▶ _Supplied data_:
━━━━━━━━━━

-- ===== src/Shell/Sequence.antt =====
-- Key sequences, and every key: what they do to the buffers of `read_cmd` is what they mean on the line.
use frostbite.Base.{
  eqb→eq, ℕ, ◌+◌, ◌-◌, ◌<◌, ◌≡◌, refl, inl, inr, Bool, true, false, ◌||◌, List, [], ◌∷◌, arith,
  ◌==◌, if◌then◌else◌, ltb, if_elim, Bool-cases,
}
use frostbite.Shell.Keys.{
  Typed, Shows, kept_Typed, delete_key-Shows, insert_key-Holds, cleared-Typed,
}
use frostbite.Keyboard.Capture.{ascii_ctrl_c, ascii_ctrl_z}
use frostbite.Shell.{
  Editor, max_cmd_buf_size, ascii_delete, ascii_escape, insert_key, arrow, end_sequence,
  sequence_key, edit_key,
}
use frostbite.Text.{poke}
use frostbite.Shell.Line.{
  Line, Pending, idle, escaped, escaped_with, line, go, go_left, go_right, escape, type_on,
  type_key, text-cons,
}
use frostbite.Shell.Edit.{Holds}

module _ {buf echo : ℕ → ℕ} {cursor size : ℕ} where
  Holds-right :
      (c : ℕ) (b a : List ℕ)
      → Holds buf echo cursor size b (c ∷ a)
      → Holds buf echo (cursor + 1) size (c ∷ b) a
  Holds-right c b a h = record {
    chars = λ j. rw (text-cons c b a) (h.chars j);
    upper = h.upper;
    at_cursor = omega (arith, h.at_cursor);
    full = omega (arith, h.full);
    real = rw (text-cons c b a) (h.real);
  }

  Holds-left :
      (c : ℕ) (b a : List ℕ)
      → Holds buf echo cursor size (c ∷ b) a
      → Holds buf echo (cursor - 1) size b (c ∷ a)
  Holds-left c b a h = record {
    chars = λ j. rw (text-cons c b a) at (h.chars j);
    upper = h.upper;
    at_cursor = omega (arith, h.at_cursor);
    full = omega (arith, h.full);
    real = rw (text-cons c b a) at (h.real);
  }

module _ (ch : ℕ) (e : Editor) where
  -- The state after an arrow key holds `l`, and has its key sequence still.
  abbrev Moved : Line → Type 0
  Moved l =
      let r = (arrow ch e).1 in
      Holds r.buf r.echo_buf r.cursor r.buf_size l.before l.after × (r.key_acc ≡ e.key_acc)

  right-Moved :
      (b a : List ℕ)
      → Holds e.buf e.echo_buf e.cursor e.buf_size b a
      → (ch == b'C') ≡ true
      → Moved (go_right b a)
  unfolding arrow
  right-Moved b [] h right =
      let at_end : ltb e.cursor e.buf_size ≡ false = ground (arith, h.at_cursor, h.full) in
      let no_left : (ch == b'D') ≡ false = ground arith in rw (right, at_end, no_left) (h, refl)
  right-Moved b (c ∷ a) h right =
      let inside : ltb e.cursor e.buf_size ≡ true = ground (arith, h.at_cursor, h.full) in
      rw (right, inside) (Holds-right c b a h, refl)

  left-Moved :
      (b a : List ℕ)
      → Holds e.buf e.echo_buf e.cursor e.buf_size b a
      → (ch == b'C') ≡ false
      → (ch == b'D') ≡ true
      → Moved (go_left b a)
  unfolding arrow
  left-Moved [] a h other left =
      let start : ltb 0 e.cursor ≡ false = ground (arith, h.at_cursor) in
      rw (other, left, start) (h, refl)
  left-Moved (c ∷ b) a h other left =
      let inside : ltb 0 e.cursor ≡ true = ground (arith, h.at_cursor) in
      rw (other, left, inside) (Holds-left c b a h, refl)

  still-Moved :
      (b a : List ℕ)
      → Holds e.buf e.echo_buf e.cursor e.buf_size b a
      → (ch == b'C') ≡ false
      → (ch == b'D') ≡ false
      → Moved (line b a idle)
  unfolding arrow
  still-Moved b a h other neither = rw (other, neither) (h, refl)

  arrow-Moved : (b a : List ℕ) → Holds e.buf e.echo_buf e.cursor e.buf_size b a → Moved (go ch b a)
  arrow-Moved b a h = elim (Bool-cases (ch == b'C')) [
    | inl right ↦ rw right (right-Moved b a h right)
    | inr other ↦ elim (Bool-cases (ch == b'D')) [
      | inl left ↦ rw (other, left) (left-Moved b a h other left)
      | inr neither ↦ rw (other, neither) (still-Moved b a h other neither)
    ]
  ]

end_sequence-Shows :
    (echo : Bool) (e : Editor) (b a : List ℕ)
    → Holds e.buf e.echo_buf e.cursor e.buf_size b a
    → Shows (end_sequence echo e) (line b a idle)
unfolding end_sequence
end_sequence-Shows true e b a h = record { held = h; typed = cleared-Typed e.key_acc }
end_sequence-Shows false e b a h = record { held = h; typed = cleared-Typed e.key_acc }

go-idle : (ch : ℕ) (b a : List ℕ) → go ch b a ≡ line (go ch b a).before (go ch b a).after idle
go-idle ch b a = elim (Bool-cases (ch == b'C')) [
  | inl right ↦ rw right (go_right-idle b a)
  | inr other ↦ elim (Bool-cases (ch == b'D')) [
    | inl left ↦ rw (other, left) (go_left-idle b a)
    | inr neither ↦ rw (other, neither) refl
  ]
]
  where
    go_right-idle :
        (b a : List ℕ) → go_right b a ≡ line (go_right b a).before (go_right b a).after idle
    go_right-idle b [] = refl
    go_right-idle b (c ∷ a) = refl

    go_left-idle : (b a : List ℕ) → go_left b a ≡ line (go_left b a).before (go_left b a).after idle
    go_left-idle [] a = refl
    go_left-idle (c ∷ b) a = refl

sequence_key-Shows :
    (ch : ℕ) (e : Editor) (b a : List ℕ) (p : Pending)
    → (ch == 0) ≡ false
    → Shows e (line b a p)
    → (e.key_acc 0 == ascii_escape) ≡ true
    → Shows (sequence_key ch e) (type_on ch b a p)
unfolding sequence_key poke
sequence_key-Shows ch e b a idle good s begun = absurd (ground (arith, s.typed.0))
sequence_key-Shows ch e b a escaped good s begun =
    rw (s.typed.1) (record { held = s.held; typed = (s.typed.0, refl, s.typed.2, good) })
sequence_key-Shows ch e b a (escaped_with c) good s begun =
    let e1 : Editor = record e { key_acc = poke 2 ch e.key_acc } in
    let (moved, kept) = arrow-Moved ch e1 b a s.held in
    rw (s.typed.1, s.typed.3, s.typed.2)
      (elim (Bool-cases (c == b'[')) [
        | inl bracket ↦
            rw (bracket, go-idle ch b a)
              (if_elim (λ r. Shows r (line (go ch b a).before (go ch b a).after idle))
                (e.key_acc 1 == b'[') _ _
                (λ same.
                  end_sequence-Shows (arrow ch e1).0 (arrow ch e1).1 (go ch b a).before
                    (go ch b a).after moved)
                (λ differs. absurd (ground (arith, s.typed.1))))
        | inr other ↦ rw other (
            if_elim (λ r. Shows r (line b a idle)) (e.key_acc 1 == b'[') _ _
              (λ same. absurd (ground (arith, s.typed.1)))
              (λ differs. record { held = s.held; typed = cleared-Typed _ }))
      ])

keep_key-Shows :
    (ch : ℕ) (e : Editor) (l : Line)
    → ch ≡ ascii_escape
    → Shows e l
    → Shows (record e { key_acc = poke 0 ch e.key_acc }) (line l.before l.after (escape l.pending))
unfolding poke
keep_key-Shows ch e l eq s = record {
  held = s.held;
  typed = escape-Typed l.pending e.key_acc ch eq s.typed;
}
  where
    escape-Typed :
        (p : Pending) (acc : ℕ → ℕ) (ch : ℕ)
        → ch ≡ ascii_escape
        → Typed p acc
        → Typed (escape p) (poke 0 ch acc)
    escape-Typed idle acc ch eq t = (eq, t.1, t.2)
    escape-Typed escaped acc ch eq t = (eq, t.1, t.2)
    escape-Typed (escaped_with c) acc ch eq t = (eq, t.1, t.2, t.3)

pub edit_key-Shows :
    (ch : ℕ) (e : Editor) (l : Line)
    → (ch == 0) ≡ false
    → Shows e l
    → e.buf_size < max_cmd_buf_size
    → Shows (edit_key ch e) (type_key ch l)
unfolding edit_key type_key
edit_key-Shows ch e l good s lt = elim (Bool-cases (ch == ascii_delete)) [
  | inl delete ↦ rw delete (delete_key-Shows e l.before l.after l.pending s lt)
  | inr d ↦ elim (Bool-cases (ch == ascii_escape)) [
    | inl esc ↦ rw (d, esc) (keep_key-Shows ch e l (eqb→eq ch ascii_escape esc) s)
    | inr n ↦ elim (Bool-cases (ch == ascii_ctrl_c || ch == ascii_ctrl_z)) [
      | inl ctrl ↦ rw (d, n, ctrl) s
      | inr plain ↦ rw (d, n, plain) (plain_key-Shows ch e l.before l.after l.pending good s lt)
    ]
  ]
]
  where
    plain_key-Shows :
        (ch : ℕ) (e : Editor) (b a : List ℕ) (p : Pending)
        → (ch == 0) ≡ false
        → Shows e (line b a p)
        → e.buf_size < max_cmd_buf_size
        → Shows
            (if e.key_acc 0 == ascii_escape then sequence_key ch e else insert_key ch e)
            (type_on ch b a p)
    plain_key-Shows ch e b a idle good s lt =
        let (held, kept) = insert_key-Holds ch e b a good s.held lt in
        rw (s.typed.0) (record { held = held; typed = kept_Typed idle _ _ kept s.typed })
    plain_key-Shows ch e b a escaped good s lt =
        let begun : (e.key_acc 0 == ascii_escape) ≡ true = ground (arith, s.typed.0) in
        rw begun (sequence_key-Shows ch e b a escaped good s begun)
    plain_key-Shows ch e b a (escaped_with c) good s lt =
        let begun : (e.key_acc 0 == ascii_escape) ≡ true = ground (arith, s.typed.0) in
        rw begun (sequence_key-Shows ch e b a (escaped_with c) good s begun)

━━━━━━━━━━

▶ _Activity_: Please count the lines of the entries above that include "neither" and give only the total.

▶ _Written reply_: 3